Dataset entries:
·····

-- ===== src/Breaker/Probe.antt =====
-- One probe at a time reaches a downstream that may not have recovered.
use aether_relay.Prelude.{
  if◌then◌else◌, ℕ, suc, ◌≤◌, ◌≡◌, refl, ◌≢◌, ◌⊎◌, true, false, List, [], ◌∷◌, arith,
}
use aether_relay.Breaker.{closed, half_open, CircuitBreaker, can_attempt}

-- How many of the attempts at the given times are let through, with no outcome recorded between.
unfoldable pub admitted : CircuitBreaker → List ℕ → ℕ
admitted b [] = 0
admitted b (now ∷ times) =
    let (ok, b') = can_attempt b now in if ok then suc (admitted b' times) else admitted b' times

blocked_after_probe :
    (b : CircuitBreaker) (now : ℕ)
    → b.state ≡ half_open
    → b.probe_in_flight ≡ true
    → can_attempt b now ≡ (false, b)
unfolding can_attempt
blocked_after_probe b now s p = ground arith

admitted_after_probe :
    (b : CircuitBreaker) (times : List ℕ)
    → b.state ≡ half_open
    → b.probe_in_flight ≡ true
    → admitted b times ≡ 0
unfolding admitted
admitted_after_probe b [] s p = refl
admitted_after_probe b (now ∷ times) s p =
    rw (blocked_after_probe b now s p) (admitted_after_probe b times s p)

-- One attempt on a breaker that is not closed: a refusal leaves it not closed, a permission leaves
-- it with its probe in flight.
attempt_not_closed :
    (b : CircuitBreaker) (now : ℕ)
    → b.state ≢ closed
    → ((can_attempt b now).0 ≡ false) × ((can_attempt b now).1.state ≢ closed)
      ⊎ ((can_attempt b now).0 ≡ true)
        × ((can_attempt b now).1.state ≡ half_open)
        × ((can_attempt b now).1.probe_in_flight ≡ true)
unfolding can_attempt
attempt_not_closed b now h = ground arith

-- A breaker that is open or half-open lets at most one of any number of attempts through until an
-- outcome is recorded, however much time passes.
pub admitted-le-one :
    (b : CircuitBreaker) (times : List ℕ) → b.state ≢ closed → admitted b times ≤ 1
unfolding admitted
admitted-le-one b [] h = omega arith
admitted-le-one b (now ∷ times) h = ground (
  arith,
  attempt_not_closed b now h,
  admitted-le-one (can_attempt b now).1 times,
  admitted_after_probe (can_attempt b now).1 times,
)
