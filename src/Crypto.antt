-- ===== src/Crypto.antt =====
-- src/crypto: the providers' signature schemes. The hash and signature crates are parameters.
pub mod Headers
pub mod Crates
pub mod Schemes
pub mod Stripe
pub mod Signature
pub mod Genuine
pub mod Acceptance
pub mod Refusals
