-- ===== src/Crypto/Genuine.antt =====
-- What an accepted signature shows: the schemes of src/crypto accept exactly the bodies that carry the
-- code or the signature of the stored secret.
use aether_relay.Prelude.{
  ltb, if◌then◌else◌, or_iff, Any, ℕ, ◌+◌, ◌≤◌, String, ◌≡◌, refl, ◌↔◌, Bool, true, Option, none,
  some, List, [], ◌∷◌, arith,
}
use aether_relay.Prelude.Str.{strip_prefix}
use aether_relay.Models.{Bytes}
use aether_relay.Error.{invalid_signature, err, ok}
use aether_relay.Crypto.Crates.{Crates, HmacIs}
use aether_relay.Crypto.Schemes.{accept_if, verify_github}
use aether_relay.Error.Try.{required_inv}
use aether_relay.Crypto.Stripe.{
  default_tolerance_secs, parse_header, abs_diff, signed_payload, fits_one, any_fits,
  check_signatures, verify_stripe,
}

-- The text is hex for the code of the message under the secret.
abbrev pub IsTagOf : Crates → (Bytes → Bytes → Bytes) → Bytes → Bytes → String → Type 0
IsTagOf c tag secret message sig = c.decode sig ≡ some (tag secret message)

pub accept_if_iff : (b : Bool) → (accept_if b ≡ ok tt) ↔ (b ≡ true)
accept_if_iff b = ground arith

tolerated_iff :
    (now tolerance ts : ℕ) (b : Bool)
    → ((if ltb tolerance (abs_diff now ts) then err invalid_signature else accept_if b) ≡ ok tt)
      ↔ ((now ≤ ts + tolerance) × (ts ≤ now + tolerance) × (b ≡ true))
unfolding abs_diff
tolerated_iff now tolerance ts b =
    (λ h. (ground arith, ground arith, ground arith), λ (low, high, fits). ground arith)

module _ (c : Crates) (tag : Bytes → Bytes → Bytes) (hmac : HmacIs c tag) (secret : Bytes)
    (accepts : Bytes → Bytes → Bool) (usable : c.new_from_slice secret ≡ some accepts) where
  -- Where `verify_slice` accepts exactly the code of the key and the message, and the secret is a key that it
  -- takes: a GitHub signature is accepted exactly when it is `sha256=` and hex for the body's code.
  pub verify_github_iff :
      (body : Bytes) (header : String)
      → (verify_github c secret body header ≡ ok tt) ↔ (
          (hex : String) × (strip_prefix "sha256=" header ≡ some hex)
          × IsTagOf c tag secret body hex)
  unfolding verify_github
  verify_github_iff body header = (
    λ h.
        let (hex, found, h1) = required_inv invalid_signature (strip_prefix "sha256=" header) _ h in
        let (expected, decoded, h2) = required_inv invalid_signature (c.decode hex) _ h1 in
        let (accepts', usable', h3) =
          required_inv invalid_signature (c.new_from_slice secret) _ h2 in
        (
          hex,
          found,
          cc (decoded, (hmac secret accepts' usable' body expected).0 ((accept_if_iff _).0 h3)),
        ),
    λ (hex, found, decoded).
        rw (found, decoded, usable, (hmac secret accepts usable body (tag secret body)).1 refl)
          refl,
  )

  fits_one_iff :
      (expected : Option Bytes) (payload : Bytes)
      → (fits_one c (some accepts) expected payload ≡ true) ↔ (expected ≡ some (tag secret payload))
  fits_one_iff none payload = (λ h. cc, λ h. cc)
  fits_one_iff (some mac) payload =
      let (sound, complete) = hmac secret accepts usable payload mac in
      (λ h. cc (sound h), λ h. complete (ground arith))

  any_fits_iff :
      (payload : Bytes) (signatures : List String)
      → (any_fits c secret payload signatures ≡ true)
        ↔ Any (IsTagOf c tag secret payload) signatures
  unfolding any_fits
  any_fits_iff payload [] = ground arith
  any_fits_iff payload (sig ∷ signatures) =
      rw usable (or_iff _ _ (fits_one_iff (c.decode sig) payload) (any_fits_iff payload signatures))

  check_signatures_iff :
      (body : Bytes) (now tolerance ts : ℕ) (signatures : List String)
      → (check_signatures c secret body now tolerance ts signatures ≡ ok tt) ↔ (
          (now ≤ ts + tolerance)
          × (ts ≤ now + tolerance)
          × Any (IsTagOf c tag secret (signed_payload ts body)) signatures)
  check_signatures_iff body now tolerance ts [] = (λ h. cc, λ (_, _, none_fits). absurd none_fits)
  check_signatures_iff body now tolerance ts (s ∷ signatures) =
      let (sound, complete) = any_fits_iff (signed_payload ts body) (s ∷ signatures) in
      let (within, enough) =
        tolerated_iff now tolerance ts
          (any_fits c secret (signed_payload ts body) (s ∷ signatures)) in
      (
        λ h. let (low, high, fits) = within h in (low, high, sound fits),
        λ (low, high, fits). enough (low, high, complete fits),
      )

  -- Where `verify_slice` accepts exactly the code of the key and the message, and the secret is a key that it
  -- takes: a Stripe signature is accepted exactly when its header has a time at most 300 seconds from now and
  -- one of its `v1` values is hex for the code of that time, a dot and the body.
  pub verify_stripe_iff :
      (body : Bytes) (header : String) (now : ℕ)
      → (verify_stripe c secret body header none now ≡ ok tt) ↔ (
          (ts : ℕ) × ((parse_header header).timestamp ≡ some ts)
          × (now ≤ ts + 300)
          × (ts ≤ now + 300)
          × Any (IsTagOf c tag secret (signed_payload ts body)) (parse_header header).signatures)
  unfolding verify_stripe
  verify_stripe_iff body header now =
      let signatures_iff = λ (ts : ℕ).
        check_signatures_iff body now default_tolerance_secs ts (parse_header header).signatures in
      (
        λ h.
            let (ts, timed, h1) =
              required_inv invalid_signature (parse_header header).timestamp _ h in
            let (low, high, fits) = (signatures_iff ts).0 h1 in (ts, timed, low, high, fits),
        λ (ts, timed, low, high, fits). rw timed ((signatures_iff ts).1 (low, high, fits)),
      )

·····

The answer must consist of every line above that contains the word "else".

  if◌then◌else◌, ℕ, suc, ◌≤◌, ◌≡◌, refl, ◌≢◌, ◌⊎◌, true, false, List, [], ◌∷◌, arith,
    let (ok, b') = can_attempt b now in if ok then suc (admitted b' times) else admitted b' times
  ltb, if◌then◌else◌, or_iff, Any, ℕ, ◌+◌, ◌≤◌, String, ◌≡◌, refl, ◌↔◌, Bool, true, Option, none,
    → ((if ltb tolerance (abs_diff now ts) then err invalid_signature else accept_if b) ≡ ok tt)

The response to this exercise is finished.